If you would like to read the other parts in this article series please go to

Introduction

In the first installment of this series we reviewed normal ARP communication and how the ARP cache of a device can be poisoned in order to redirect machines network traffic through a another machine with possible malicious intent. This seemingly advanced man-in-the-middle (MITM) attack known as ARP Cache Poisoning is done easily with the right software. In this article we will discuss a similar type of MITM attack called DNS Spoofing. If you have not read the previous article on ARP Cache Poisoning then I would recommend doing so now, as this article builds upon techniques learned in that article.

DNS Spoofing

DNS spoofing is a MITM technique used to supply false DNS information to a host so that when they attempt to browse, for example, www.bankofamerica.com at the IP address XXX.XX.XX.XX they are actually sent to a fake www.bankofamerica.com residing at IP address YYY.YY.YY.YY which an attacker has created in order to steal online banking credentials and account information from unsuspecting users. This is actually done quite easily and here we will see how it works, how it is done, and how to defend against it.

Normal DNS Communication

The Domain Naming System (DNS) protocol as defined in RFC 1034/1035 is what some consider one of the most important protocols in use by the Internet. This is because DNS is the proverbial molasses that holds the bread together. In a nutshell, whenever you type in a web address such as http://www.google.com into your browser, a DNS request is made to a DNS server in order to find out what IP address that name resolves to. This is because routers and the devices that interconnect the Internet do not understand google.com, they only understand addresses such as 74.125.95.103.

A DNS server itself works by storing a database of entries (called resource records) of IP address to DNS name mappings, communicating those resource records to clients, and communicating those resource records to other DNS servers. The architecture of DNS servers throughout enterprises and the Internet is something that can be a bit complicated. As a matter of fact, there are whole books dedicated to DNS architecture. We will not cover architectural aspects or even all of the different types of DNS traffic (you can review the various DNS related RFC’s here), but we will look at a basic DNS transaction, seen in Figure 1.


Figure 1: A DNS Query and Response

DNS functions in a query/response type format. A client wishing to resolve a DNS name to an IP address sends a query to a DNS server, and the server sends the requested information in its response. From the clients’ perspective, the only two packets that are seen are this query and response.


Figure 2: DNS Query and Response Packets

This scenario gets a slight bit more complex when you consider DNS recursion. Due to the hierarchical nature of the DNS structure of the Internet, DNS servers need the ability to communicate with each other in order to locate answers for the queries submitted by clients. After all, it might be fair to expect our internal DNS server to know the name to IP address mapping of our local intranet server, but we can’t expect it to know the IP address correlated with Google or Dell. This is where recursion comes into play. Recursion is when one DNS server queries another DNS server on behalf of a client who has made a request. Basically, this turns a DNS server into a client itself, seen in Figure 3.
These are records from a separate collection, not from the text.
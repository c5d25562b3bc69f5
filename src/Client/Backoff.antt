-- ===== src/Client/Backoff.antt =====
-- crates/hawse-core/src/client/backoff.rs: the wait before the next dial. The step is in whole seconds,
-- as `FIRST` and `CAP` are, and every other duration in nanoseconds. The floating-point numbers come in
-- as a record of their operations.
use hawse.Base.{ℕ, zero, suc, ◌+◌, ◌*◌, ◌^◌, ◌≤◌, ◌<◌, ◌≡◌, ap, min, leb, if◌then◌else◌, arith}

-- `f64`: `mul_f64` is `Duration::mul_f64` of whole seconds, in nanoseconds.
pub record Floats : Type 1 where
  pub F : Type 0
  pub half : F
  pub plus : F → F → F
  pub times : F → F → F
  pub mul_f64 : ℕ → F → ℕ

pub record Backoff : Type 0 where
  pub failures : ℕ

abbrev pub first : ℕ
first = 1

abbrev pub cap : ℕ
cap = 30

abbrev pub healthy : ℕ
healthy = 60 * 10 ^ 9

-- The bound of a u32.
abbrev pub max_u32 : ℕ
max_u32 = 4294967295

-- `failures = 0` after a session that lasted.
unfoldable pub restart : ℕ → Backoff → Backoff
restart lasted b = if leb healthy lasted then record { failures = 0 } else b

-- `2u32.saturating_pow(failures)`, by doubling as far as a u32 goes.
unfoldable pub saturating_pow : ℕ → ℕ
saturating_pow zero = 1
saturating_pow (suc n) = min max_u32 (2 * saturating_pow n)

-- The step after so many failures. Saturation of the `Duration` is far above the cap.
unfoldable pub step : Backoff → ℕ
step b = min (first * saturating_pow b.failures) cap

-- The wait and the next state; `unit` places the wait between half the step and all of it.
unfoldable pub next : (f : Floats) → ℕ → f.F → Backoff → ℕ × Backoff
unfolding step
next f lasted unit b =
    let b' = restart lasted b in
    (
      f.mul_f64 (step b') (f.plus f.half (f.times f.half unit)),
      record { failures = min max_u32 (b'.failures + 1) },
    )

-- `Duration::mul_f64` by a factor 0.5 + 0.5 * unit with `unit` in [0, 1], which `InUnit` says: the
-- product is between half the whole seconds and all of them.
abbrev pub Places : (f : Floats) → (f.F → Type 0) → Type 0
Places f InUnit =
    (n : ℕ) (unit : f.F)
    → InUnit unit
    → (n * 500000000 ≤ f.mul_f64 n (f.plus f.half (f.times f.half unit)))
      × (f.mul_f64 n (f.plus f.half (f.times f.half unit)) ≤ n * 1000000000)

pow-pos : (n : ℕ) → 1 ≤ saturating_pow n
unfolding saturating_pow
pow-pos zero = omega arith
pow-pos (suc n) = omega (arith, pow-pos n)

pow-next :
    (n : ℕ)
    → n < max_u32
    → saturating_pow (min max_u32 (n + 1)) ≡ min max_u32 (2 * saturating_pow n)
unfolding saturating_pow
pow-next n h = let e : min max_u32 (n + 1) ≡ suc n = omega arith in ap saturating_pow e

restart-cases : (lasted : ℕ) (b : Backoff) → lasted < healthy → restart lasted b ≡ b
unfolding restart
restart-cases lasted b h = ground arith

saturating_pow-min : (n : ℕ) → saturating_pow n ≡ min max_u32 (2 ^ n)
unfolding saturating_pow
saturating_pow-min zero = omega arith
saturating_pow-min (suc n) = omega (arith, saturating_pow-min n)

-- The step doubles with each failure, up to the cap.
pub step_lem : (b : Backoff) → step b ≡ min (2 ^ b.failures) 30
unfolding step
step_lem b = omega (arith, saturating_pow-min b.failures)

step-bounds : (b : Backoff) → (1 ≤ step b) × (step b ≤ cap)
unfolding step
step-bounds b = (omega (arith, pow-pos b.failures), omega (arith, pow-pos b.failures))

-- The wait is at least half a second, and at most the cap.
pub next-bounds :
    (f : Floats) (InUnit : f.F → Type 0) (places : Places f InUnit) (lasted : ℕ) (unit : f.F)
    (b : Backoff)
    → InUnit unit
    → (500000000 ≤ (next f lasted unit b).0) × ((next f lasted unit b).0 ≤ 30000000000)
unfolding next
next-bounds f InUnit places lasted unit b u =
    let s = restart lasted b in
    let (low, high) = places (step s) unit u in
    let (one, most) = step-bounds s in (omega (arith, low, one), omega (arith, high, most))

-- Once there is another failure, the step is twice as long, up to the cap, unless the session lasted.
pub step-next :
    (f : Floats) (lasted : ℕ) (unit : f.F) (b : Backoff)
    → lasted < healthy
    → b.failures < max_u32
    → step (next f lasted unit b).1 ≡ min (2 * step b) cap
unfolding next step
step-next f lasted unit b h l =
    let p = pow-pos b.failures in
    let q = pow-next b.failures l in rw (restart-cases lasted b h) (omega (arith, p, q))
Figure 3: A DNS Query and Response Using Recursion

Spoofing DNS

There is more than one way to skin a cat and there is definitely more than one method available for performing DNS spoofing. We will be using a technique called DNS ID spoofing.

Every DNS query that is sent out over the network contains a uniquely generated identification number that’s purpose is to identify queries and responses and tie them together. This means that if our attacking computer can intercept a DNS query sent out from a target device, all we have to do is create a fake packet that contains that identification number in order for that packet to be accepted by that target.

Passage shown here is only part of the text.